Use your voice to share information about forward momentum. Realize that large corporations win when young people give up hope.

How To Support Young People

Validate Their Feelings

Let the teenager talk about their concerns without judgment or interruption. Be proud that a young person wants to change the world for the better.

Support Their Efforts

Celebrate the young climate advocate in your family. For teenagers who can’t drive, give them rides or coordinate eco-friendly transportation to get them to and from environmental fairs or community clean-ups. Take part in as much as you can to support your child, as much as you might attend their soccer game.

Have an Emergency Plan

Anxiety is rooted in the future – in “what can happen.” You can reduce the stress of a possible disaster by having an emergency kit, practicing runs to evacuate or seek shelter, and discussing what to do if family members get separated during an emergency.

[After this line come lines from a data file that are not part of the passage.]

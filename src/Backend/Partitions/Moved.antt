-- ===== src/Backend/Partitions/Moved.antt =====
-- A repartitioning of the articles as a whole: where its rows go, and what it answers.
use manifeed.Common.{
  ◌≡◌, refl, ◌∙◌, ap, arith, ◌+◌, ◌*◌, ◌≤◌, ◌==◌, ℕ, Bool, true, false, not, ◌&&◌, List, ◌∷◌, All,
  Instant, String, length, any, count, sort_by, All-sort_by, ok, err, Error, ◌⊎◌, inl, inr,
  Bool-cases,
}
use manifeed.Db.{Source, SourceFeed}
use manifeed.Backend.Partitions.Tables.{
  Table, partition_rows, all_rows, insert_row, week, restore_rows,
}
use manifeed.Backend.Partitions.{
  Created, Storage, Maintenance, source_date, link_date, same_source, same_url, same_link,
  is_source_of, refers_to, has_url, has_no_reference, source_before, link_before, max_id,
  prepare_default_partition_buffers, clear_default_partitions, list_week_starts_for_all_sources,
  create_partitions, restore_buffers, sync_sources_sequence,
  repartition_default_sources_by_published_at, repartition_cleared,
  repartition_rss_source_partitions, commit_partitions,
}
use manifeed.Backend.Partitions.Restored.{
  Restored, any-count_zero, any-count, count-insert_row, restore_rows-Restored,
}
use manifeed.Backend.Partitions.Weeks.{Opens, create_partitions-Opens, create_partitions-overflow}
use manifeed.Backend.Partitions.LastWeek.{is_in_last_week, weeks-any}
use manifeed.Backend.Partitions.Stored.{IsStored}
use manifeed.Backend.Partitions.Opened.{
  IsOldSource, IsOldLink, cleared, cleared_lem, cleared-IsOpen, weeks, weeks-starts, sources-placed,
  links-placed,
}
use manifeed.Backend.Partitions.Rows.{
  same_source_refl, same_url_refl, same_link_refl, split-count, dates-found, any-right,
  referred-date, All-imp,
}

-- What has moved: every row is still there, the default partitions keep old rows only, and the
-- answer counts the rows that were moved.
pub record IsMoved (s t : Storage) (made : Maintenance) : Type 0 where
  pub sources_kept :
      (p : Source → Bool) → count p (all_rows t.sources) ≡ count p (all_rows s.sources)
  pub links_kept : (p : SourceFeed → Bool) → count p (all_rows t.links) ≡ count p (all_rows s.links)
  pub old_sources : All IsOldSource t.sources.default_rows
  pub old_links : All IsOldLink t.links.default_rows
  pub source_count : made.source_default_rows_repartitioned ≡ length s.sources.default_rows
  pub link_count : made.source_feed_default_rows_repartitioned ≡ length s.links.default_rows
  pub sequence : t.last_source_id ≡ max_id (all_rows t.sources)

module _ (strftime : Instant → String)
    (told_apart : (j k : ℕ) → strftime (j * week) ≡ strftime (k * week) → j ≡ k) (s : Storage)
    (stored : IsStored strftime s) (t : Storage)
    (opens : Opens strftime
      (cleared strftime told_apart s stored)
      (weeks strftime told_apart s stored)
      t) where
  sources-Restored : Restored IsOldSource (sort_by source_before s.sources.default_rows) t.sources (
      restore_rows source_date same_source has_url
        (sort_by source_before s.sources.default_rows)
        t.sources)
  unfolding cleared
  sources-Restored =
      restore_rows-Restored source_date same_source has_url IsOldSource
        (λ rs u. (x : Source) → count (same_url x) rs + count (same_url x) (all_rows u) ≤ 1)
        same_source_refl step (sort_by source_before s.sources.default_rows) t.sources
        (λ x. once (same_source x) (stored.source_keys x))
        (λ x. once (same_url x) (stored.source_urls x))
        (sources-placed strftime told_apart s stored t opens _ (
          All-sort_by source_before _ s.sources.default_rows (
            dates-found s.sources.default_rows (all_rows s.sources)
              (λ p. any-right p (partition_rows s.sources.partitions) s.sources.default_rows))))
        (rw (opens.opened.no_sources) tt)
    where
      once :
          (p : Source → Bool)
          → count p (all_rows s.sources) ≤ 1
          → count p (sort_by source_before s.sources.default_rows) + count p (all_rows t.sources)
            ≤ 1
      once p h = rw (opens.same_sources) (omega (arith, h, split-count source_before p s.sources))

      step :
          (r : Source) (rs : List Source) (u : Table Source)
          → ((x : Source) → count (same_url x) (r ∷ rs) + count (same_url x) (all_rows u) ≤ 1)
          → (has_url r u ≡ false)
            × ((x : Source)
                → count (same_url x) rs + count (same_url x) (all_rows (insert_row source_date r u))
                  ≤ 1)
      step r rs u h = (
        any-count_zero (same_url r) (all_rows u) (ground (arith, h r, same_url_refl r)),
        λ x. omega (arith, h x, count-insert_row source_date (same_url x) r u),
      )

  -- The links go back where the articles are again.
  module _ (u : Table Source)
      (kept : (p : Source → Bool) → count p (all_rows u) ≡ count p (all_rows s.sources)) where
    abbrev Refers : SourceFeed → Type 0
    Refers l = not (refers_to (all_rows u) l && any (λ f. f == l.feed_id) t.feed_ids) ≡ false

    still-Refers :
        (l : SourceFeed)
        → (refers_to (all_rows s.sources) l && any (λ f. f == l.feed_id) s.feed_ids) ≡ true
        → Refers l
    unfolding cleared
    still-Refers l h =
        rw
          (
            any-count (is_source_of l) (all_rows u) (all_rows s.sources) (kept (is_source_of l)),
            opens.same_feeds,
            h,
          )
          refl

    links-Restored : Restored IsOldLink (sort_by link_before s.links.default_rows) t.links (
        restore_rows link_date same_link
          (has_no_reference t.feed_ids (all_rows u))
          (sort_by link_before s.links.default_rows)
          t.links)
    unfolding cleared
    links-Restored =
        restore_rows-Restored link_date same_link (has_no_reference t.feed_ids (all_rows u))
          IsOldLink (λ ls v. All Refers ls) same_link_refl (λ l ls v h. h)
          (sort_by link_before s.links.default_rows) t.links
          (λ x.
            rw (opens.same_links)
              (omega (arith, stored.link_keys x, split-count link_before (same_link x) s.links)))
          (All-sort_by link_before Refers s.links.default_rows
            (All-imp _ Refers s.links.default_rows still-Refers stored.references))
          (links-placed strftime told_apart s stored t opens _ (
            All-sort_by link_before _ s.links.default_rows (
              All-imp _ _ s.links.default_rows
                (λ l h. referred-date l (all_rows s.sources) (ground (arith, h)))
                stored.references)))
          (rw (opens.opened.no_links) tt)

  -- What putting the rows back comes to.
  restored :
      (r : Storage) × (restore_buffers (prepare_default_partition_buffers s) t ≡ ok r)
      × ((made : Maintenance)
          → made.source_default_rows_repartitioned ≡ length s.sources.default_rows
          → made.source_feed_default_rows_repartitioned ≡ length s.links.default_rows
          → IsMoved s r made)
  unfolding restore_buffers cleared
  restored =
      let (u, found, counts, old) = sources-Restored in
      let kept : (p : Source → Bool) → count p (all_rows u) ≡ count p (all_rows s.sources) = λ p.
        counts p
        ∙ ap (λ xs. count p (sort_by source_before s.sources.default_rows) + count p xs)
            opens.same_sources
        ∙ split-count source_before p s.sources in
      let (v, found', counts', old') = links-Restored u kept in
      (
        sync_sources_sequence (record t { sources = u; links = v }),
        rw (found, found', restore_buffers) refl,
        λ made m n. record {
          sources_kept = kept;
          links_kept = λ p.
              counts' p
              ∙ ap (λ xs. count p (sort_by link_before s.links.default_rows) + count p xs)
                  opens.same_links
              ∙ split-count link_before p s.links;
          old_sources = old;
          old_links = old';
          source_count = m;
          link_count = n;
          sequence = refl;
        },
      )

abbrev answer_of : Storage → Created → ℕ → Maintenance
answer_of s c covered = record {
  source_default_rows_repartitioned = length s.sources.default_rows;
  source_feed_default_rows_repartitioned = length s.links.default_rows;
  source_weekly_partitions_created = c.1.0;
  source_feed_weekly_partitions_created = c.1.1;
  weeks_covered = covered;
}

repartition-answer :
    (strftime : Instant → String) (s z r : Storage) (c : Created)
    → clear_default_partitions s ≡ z
    → create_partitions strftime
        (list_week_starts_for_all_sources z (prepare_default_partition_buffers s))
        (z, (0, 0))
      ≡ ok c
    → restore_buffers (prepare_default_partition_buffers s) c.0 ≡ ok r
    → repartition_default_sources_by_published_at strftime s
      ≡ ok (
        r,
        answer_of s c
            (length (list_week_starts_for_all_sources z (prepare_default_partition_buffers s))),
      )
unfolding repartition_default_sources_by_published_at repartition_cleared
repartition-answer strftime s z r c clear create restore =
    ap (repartition_cleared strftime (prepare_default_partition_buffers s)) clear
    ∙ rw (create, restore, repartition_cleared) refl

overflow-answer :
    (strftime : Instant → String) (s z : Storage)
    → clear_default_partitions s ≡ z
    → create_partitions strftime
        (list_week_starts_for_all_sources z (prepare_default_partition_buffers s))
        (z, (0, 0))
      ≡ err Error.overflow_error
    → repartition_default_sources_by_published_at strftime s ≡ err Error.overflow_error
unfolding repartition_default_sources_by_published_at repartition_cleared
overflow-answer strftime s z clear create =
    ap (repartition_cleared strftime (prepare_default_partition_buffers s)) clear
    ∙ rw (create, repartition_cleared) refl

-- What a repartitioning comes to where it reaches its commit.
abbrev pub ReachesCommit : (Instant → String) → Bool → Storage → Type 0
ReachesCommit strftime commits s =
    (made : Maintenance) × (r : Storage) × IsMoved s r made
    × (repartition_rss_source_partitions strftime commits s
        ≡ commit_partitions commits s (ok (r, made)))

-- A repartitioning of a storage that is as PostgreSQL keeps it, with names that tell the weeks apart:
-- where an article is of the last week of the year 9999, it raises an OverflowError and nothing has
-- changed. Otherwise it raises only where its commit does, and then nothing has changed; or every
-- article and every link is still there, those in the default partitions are not later than 1970, the
-- next id follows the highest one, and the answer counts the rows that were in the default
-- partitions.
pub repartition_rss_source_partitions-IsMoved :
    (strftime : Instant → String)
    (told_apart : (j k : ℕ) → strftime (j * week) ≡ strftime (k * week) → j ≡ k) (commits : Bool)
    (s : Storage)
    → IsStored strftime s
    → ((any is_in_last_week (all_rows s.sources) ≡ true)
        × (repartition_rss_source_partitions strftime commits s ≡ (err Error.overflow_error, s)))
      ⊎ ((any is_in_last_week (all_rows s.sources) ≡ false) × ReachesCommit strftime commits s)
unfolding repartition_rss_source_partitions weeks
repartition_rss_source_partitions-IsMoved strftime told_apart commits s stored =
    let z = cleared strftime told_apart s stored in
    let clear = cleared_lem strftime told_apart s stored in
    let starts = weeks-starts strftime told_apart s stored in
    let opened = cleared-IsOpen strftime told_apart s stored in
    let dates = weeks-any strftime told_apart s stored in
    elim (Bool-cases (any is_in_last_week (all_rows s.sources))) [
      | inl last ↦ inl (
        last,
        ap (commit_partitions commits s) (
            overflow-answer strftime s z clear (
              create_partitions-overflow strftime (weeks strftime told_apart s stored) (z, (0, 0))
                starts (dates ∙ last) opened)),
      )
      | inr fits ↦
          let (c, created, opens) =
            create_partitions-Opens strftime (weeks strftime told_apart s stored) (z, (0, 0)) starts
              (dates ∙ fits) opened in
          let (r, found, moved) = restored strftime told_apart s stored c.0 opens in
          let made = answer_of s c (length (weeks strftime told_apart s stored)) in
          inr (
            fits,
            (
              made,
              r,
              moved made refl refl,
              ap (commit_partitions commits s)
                  (repartition-answer strftime s z r c clear created found),
            ),
          )
    ]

SAFETY TIP: Each city and/or county has an Emergency Operations Management department that provides planning sheets, emergency kits, and evacuation routes for all possible disasters in your region.

How to Seek Help to Deal With Negative Emotions

Parents and trusted adults need to be attuned to the struggles children deal with each day, including eco-anxiety. You can facilitate meaningful discussions with them, but there might come a point where you need professional support.

  • Limit Stimuli: If your teenager gets especially anxious when seeing disaster stories or government responses that don’t support climate change, suggest that they limit their exposure to news stories.
  • Find Climate Advocates In Your Community: See if your teenager can do an internship or help with special projects. This will give them a sense of being part of a solution and not a problem.
  • Primary Care Doctor: Talk to your provider about other treatments, like medication, to help a young person cope with feelings of anxiety.
  • Professional Help: Adults might want to consider going to therapy to talk with a mental health professional about eco-anxiety in their family. This can improve the discussions adults have with teenagers in a beneficial way.

If you believe your child’s emotions surrounding climate change are affecting their mental health and success, reach out to a mental health professional.

Climate Education Starts With You

Addressing climate change can be as easy as influencing one person to help join the cause. The more examples you see of how you can change the literal rising tide, the less climate anxiety will control your thoughts.